新エネルギー・産業技術総合開発機構(NEDO)は7月23日、次世代ロボット中核技術の研究開発に着手し、その中で「昆虫の嗅覚受容体を用いた人検知ロボットのための匂いセンサ」を開発すると発表した。

NEDOが次世代ロボット中核技術に位置づけている技術は大きく「革新的ロボット要素技術」と「次世代人工知能技術」の2つに分かれており、それぞれで新しくプロジェクトがスタートする。研究期間は2019年までの5年間で、2年間の先導研究の後、ステージゲートを設けて目標に対する達成度などを鑑みて、研究開発内容や研究開発体制の改廃を行う。

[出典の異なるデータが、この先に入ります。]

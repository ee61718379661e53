-- ===== src/Engine/Balance.antt =====
-- src/collect.rs, src/eval.rs and src/engine.rs: an action leaves the stacks of the evaluator as it
-- found them, whether it answers or fails. Only the roots may have more on top.
use mathlib.Core.List.{append_assoc, append-nil}
pub mod Brackets
pub mod Doors
pub mod Rows
pub mod Steps
pub mod Closed
pub mod Leaves
pub mod Loop
pub mod Tables
pub mod Tails
use x_engine_rust.Prelude.{
  ℕ, zero, suc, ◌+◌, ◌-◌, ◌≡◌, refl, sym, ap, ◌∙◌, Bool, true, false, Option, none, some, List, [],
  ◌∷◌, ◌++◌, arith, if◌then◌else◌, length, length-append,
}
use x_engine_rust.Obj.{Obj, EnvId}
use x_engine_rust.Objects.{Objects}
use x_engine_rust.Env.{Envs}
use x_engine_rust.Engine.{
  Cond, Result, ok, err, ControlRec, Engine, M, pure, raise, of, out_of_fuel, gets, reads, answered,
  walks, stored, makes, framed, frames, caught, attempt, writes, modify, updated, updates, bound,
  binds, continue, ◌>>=◌, on_option, on_result, take, root_push, push_roots, rooted, env_rooted,
  recorded,
}

-- The state after an action, when there is one.
abbrev pub After : {A : Type 0} → (Engine → Type 0) → Option (Result A × Engine) → Type 0
After P none = Unit {0}
After P (some (r, e)) = P e

-- The stacks are as before, with some roots more at most.
pub record Same (e e' : Engine) : Type 0 where
  pub more : List Obj
  pub roots : e'.roots ≡ e.roots ++ more
  pub env_roots : e'.env_roots ≡ e.env_roots
  pub control : e'.control ≡ e.control
  pub evals : e'.active_evals ≡ e.active_evals
  pub bases : e'.base_stack ≡ e.base_stack
  pub base : e'.base ≡ e.base

pub record Balanced {A : Type 0} (m : M A) : Type 0 where
  pub at : (e : Engine) → After (Same e) (m e)

pub Same-refl : (e : Engine) → Same e e
Same-refl e = record {
  more = [];
  roots = sym (append-nil e.roots);
  env_roots = refl;
  control = refl;
  evals = refl;
  bases = refl;
  base = refl;
}

pub Same-trans : {e e' e'' : Engine} → Same e e' → Same e' e'' → Same e e''
Same-trans {e} x y = record {
  more = x.more ++ y.more;
  roots = y.roots ∙ ap (λ z. z ++ y.more) x.roots ∙ append_assoc e.roots x.more y.more;
  env_roots = y.env_roots ∙ x.env_roots;
  control = y.control ∙ x.control;
  evals = y.evals ∙ x.evals;
  bases = y.bases ∙ x.bases;
  base = y.base ∙ x.base;
}

-- A step that changes none of the stacks.
pub record Apart (e e' : Engine) : Type 0 where
  pub roots : e'.roots ≡ e.roots
  pub env_roots : e'.env_roots ≡ e.env_roots
  pub control : e'.control ≡ e.control
  pub evals : e'.active_evals ≡ e.active_evals
  pub bases : e'.base_stack ≡ e.base_stack
  pub base : e'.base ≡ e.base

pub Apart-Same : {e e' : Engine} → Apart e e' → Same e e'
Apart-Same {e} x = record {
  more = [];
  roots = x.roots ∙ sym (append-nil e.roots);
  env_roots = x.env_roots;
  control = x.control;
  evals = x.evals;
  bases = x.bases;
  base = x.base;
}

pub After-trans :
    {A : Type 0} {e e' : Engine} (x : Option (Result A × Engine))
    → Same e e'
    → After (Same e') x
    → After (Same e) x
After-trans none s h = tt
After-trans (some (r, e'')) s h = Same-trans s h

module _ {A : Type 0} where
  pub Balanced-pure : (a : A) → Balanced (pure a)
  unfolding pure
  Balanced-pure a = record { at = λ e. Same-refl e }

  pub Balanced-raise : (c : Cond) → Balanced (raise {A = A} c)
  unfolding raise
  Balanced-raise c = record { at = λ e. Same-refl e }

  pub Balanced-of : (r : Result A) → Balanced (of r)
  unfolding of
  Balanced-of r = record { at = λ e. Same-refl e }

  pub Balanced-out_of_fuel : Balanced (out_of_fuel {A = A})
  unfolding out_of_fuel
  Balanced-out_of_fuel = record { at = λ e. tt }

  pub Balanced-gets : (f : Engine → A) → Balanced (gets f)
  unfolding gets
  Balanced-gets f = record { at = λ e. Same-refl e }

  pub Balanced-reads : (f : Objects → A) → Balanced (reads f)
  unfolding reads
  Balanced-reads f = record { at = λ e. Same-refl e }

  answered-Same : (e : Engine) (x : Option A) → After (Same e) (answered e x)
  answered-Same e none = tt
  answered-Same e (some a) = Same-refl e

  pub Balanced-walks : (f : Objects → Option A) → Balanced (walks f)
  unfolding walks
  Balanced-walks f = record { at = λ e. answered-Same e (f e.objects) }

  stored-Same : (e : Engine) (x : Option (A × Objects)) → After (Same e) (stored e x)
  stored-Same e none = tt
  stored-Same e (some (a, s)) = Apart-Same (record {
    roots = refl;
    env_roots = refl;
    control = refl;
    evals = refl;
    bases = refl;
    base = refl;
  })

  pub Balanced-makes : (f : Objects → Option (A × Objects)) → Balanced (makes f)
  unfolding makes
  Balanced-makes f = record { at = λ e. stored-Same e (f e.objects) }

  framed-Same : (e : Engine) (x : Option (A × Envs × Objects)) → After (Same e) (framed e x)
  framed-Same e none = tt
  framed-Same e (some (a, envs, s)) = Apart-Same (record {
    roots = refl;
    env_roots = refl;
    control = refl;
    evals = refl;
    bases = refl;
    base = refl;
  })

  pub Balanced-frames : (f : Envs → Objects → Option (A × Envs × Objects)) → Balanced (frames f)
  unfolding frames
  Balanced-frames f = record { at = λ e. framed-Same e (f e.envs e.objects) }

  caught-Same :
      (e : Engine) (x : Option (Result A × Engine)) → After (Same e) x → After (Same e) (caught x)
  caught-Same e none h = tt
  caught-Same e (some (r, e')) h = h

  pub Balanced-attempt : (m : M A) → Balanced m → Balanced (attempt m)
  unfolding attempt
  Balanced-attempt m b = record { at = λ e. caught-Same e (m e) (b.at e) }

pub Balanced-writes : (f : Objects → Objects) → Balanced (writes f)
unfolding writes
Balanced-writes f = record {
  at = λ e. Apart-Same (record {
    roots = refl;
    env_roots = refl;
    control = refl;
    evals = refl;
    bases = refl;
    base = refl;
  });
}

pub Balanced-modify : (f : Engine → Engine) → ((e : Engine) → Apart e (f e)) → Balanced (modify f)
unfolding modify
Balanced-modify f h = record { at = λ e. Apart-Same (h e) }

updated-Same : (e : Engine) (x : Option Objects) → After (Same e) (updated e x)
updated-Same e none = tt
updated-Same e (some s) = Apart-Same (record {
  roots = refl;
  env_roots = refl;
  control = refl;
  evals = refl;
  bases = refl;
  base = refl;
})

pub Balanced-updates : (f : Objects → Option Objects) → Balanced (updates f)
unfolding updates
Balanced-updates f = record { at = λ e. updated-Same e (f e.objects) }

bound-Same : (e : Engine) (x : Option (Envs × Objects)) → After (Same e) (bound e x)
bound-Same e none = tt
bound-Same e (some (envs, s)) = Apart-Same (record {
  roots = refl;
  env_roots = refl;
  control = refl;
  evals = refl;
  bases = refl;
  base = refl;
})

pub Balanced-binds : (f : Envs → Objects → Option (Envs × Objects)) → Balanced (binds f)
unfolding binds
Balanced-binds f = record { at = λ e. bound-Same e (f e.envs e.objects) }

pub Balanced-root_push : (o : Obj) → Balanced (root_push o)
unfolding root_push
Balanced-root_push o = record {
  at = λ e. record {
    more = o ∷ [];
    roots = refl;
    env_roots = refl;
    control = refl;
    evals = refl;
    bases = refl;
    base = refl;
  };
}

module _ {A B : Type 0} where
  continue-Same :
      (e : Engine) (f : A → M B) (x : Option (Result A × Engine))
      → After (Same e) x
      → ((a : A) → Balanced (f a))
      → After (Same e) (continue f x)
  continue-Same e f none h bf = tt
  continue-Same e f (some (ok a, e')) h bf = After-trans (f a e') h ((bf a).at e')
  continue-Same e f (some (err c, e')) h bf = h

  pub Balanced-bind :
      (m : M A) (f : A → M B) → Balanced m → ((a : A) → Balanced (f a)) → Balanced (m >>= f)
  unfolding ◌>>=◌
  Balanced-bind m f bm bf = record { at = λ e. continue-Same e f (m e) (bm.at e) bf }

  pub Balanced-on_option :
      (o : Option A) (m : M B) (f : A → M B)
      → Balanced m
      → ((a : A) → o ≡ some a → Balanced (f a))
      → Balanced (on_option o m f)
  unfolding on_option
  Balanced-on_option none m f bm bf = bm
  Balanced-on_option (some a) m f bm bf = bf a refl

  pub Balanced-on_result :
      (r : Result A) (f : A → M B) (g : Cond → M B)
      → ((a : A) → Balanced (f a))
      → ((c : Cond) → Balanced (g c))
      → Balanced (on_result r f g)
  unfolding on_result
  Balanced-on_result (ok a) f g bf bg = bf a
  Balanced-on_result (err c) f g bf bg = bg c

module _ {A : Type 0} where
  pub Balanced-if : (b : Bool) (m n : M A) → Balanced m → Balanced n → Balanced (if b then m else n)
  Balanced-if true m n bm bn = bm
  Balanced-if false m n bm bn = bn

pub take-append : {A : Type 0} (xs ys : List A) → take (xs ++ ys) (length xs) ≡ xs
take-append [] [] = refl
take-append [] (y ∷ ys) = refl
take-append (x ∷ xs) ys = ap (λ z. x ∷ z) (take-append xs ys)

「革新的ロボット要素技術」では、「スーパーセンシング」「スマートアクチュエーション」「ロボットインテグレーション技術」という3つの分野で研究開発が行われる。これらのうち、外乱の多い空間でも的確に信号を抽出できるセンシング技術の実現を目指す「スーパーセンシング」分野での研究の1つとして、昆虫の嗅覚受容体を用いた匂いセンサの開発を東京大学、住友化学、神奈川科学技術アカデミーの3者に委託して行う。なお、開発チームのプロジェクト責任者は東京大学生産技術研究所の竹内昌治 教授が担当する。

「革新的ロボット要素技術」研究開発

「次世代人工知能技術」研究開発

研究開発のスケジュール

昆虫の嗅覚受容体をマイクロチップ化

昆虫の嗅覚受容体は、標的とする匂い分子1個の結合をイオン電流として1千万倍に増幅するという特徴をもつ。また、生体の匂いセンサの優れた点として、人の汗の匂いを高感度に検知できる一方で、匂い分子に対する特異性が高く、汗の匂いでないものには反応しないという性能をもつ。そのため、この機構を組み込んだセンサを開発できれば、人の匂いだけを高感度に検知することが可能となる。さらに、出力が電気信号であるため、匂いセンサとしてマイクロチップ化する際に、デバイスとの相性が高いというメリットも持つ。

昆虫の嗅覚受容体を用いた匂いセンサ

現在、災害時の不明者捜索には捜索救助犬が活躍しているが、集中力が持続しなかったり、指示を出す伴走者が必要となるなどの制約がある。そこで、人の匂いを検知することのできるセンサをロボットに搭載すれば、瓦礫が散乱して視覚が遮られる状況や、捜索救助犬が入っていけない危険な状況でも不明者の捜索が可能となることが期待される。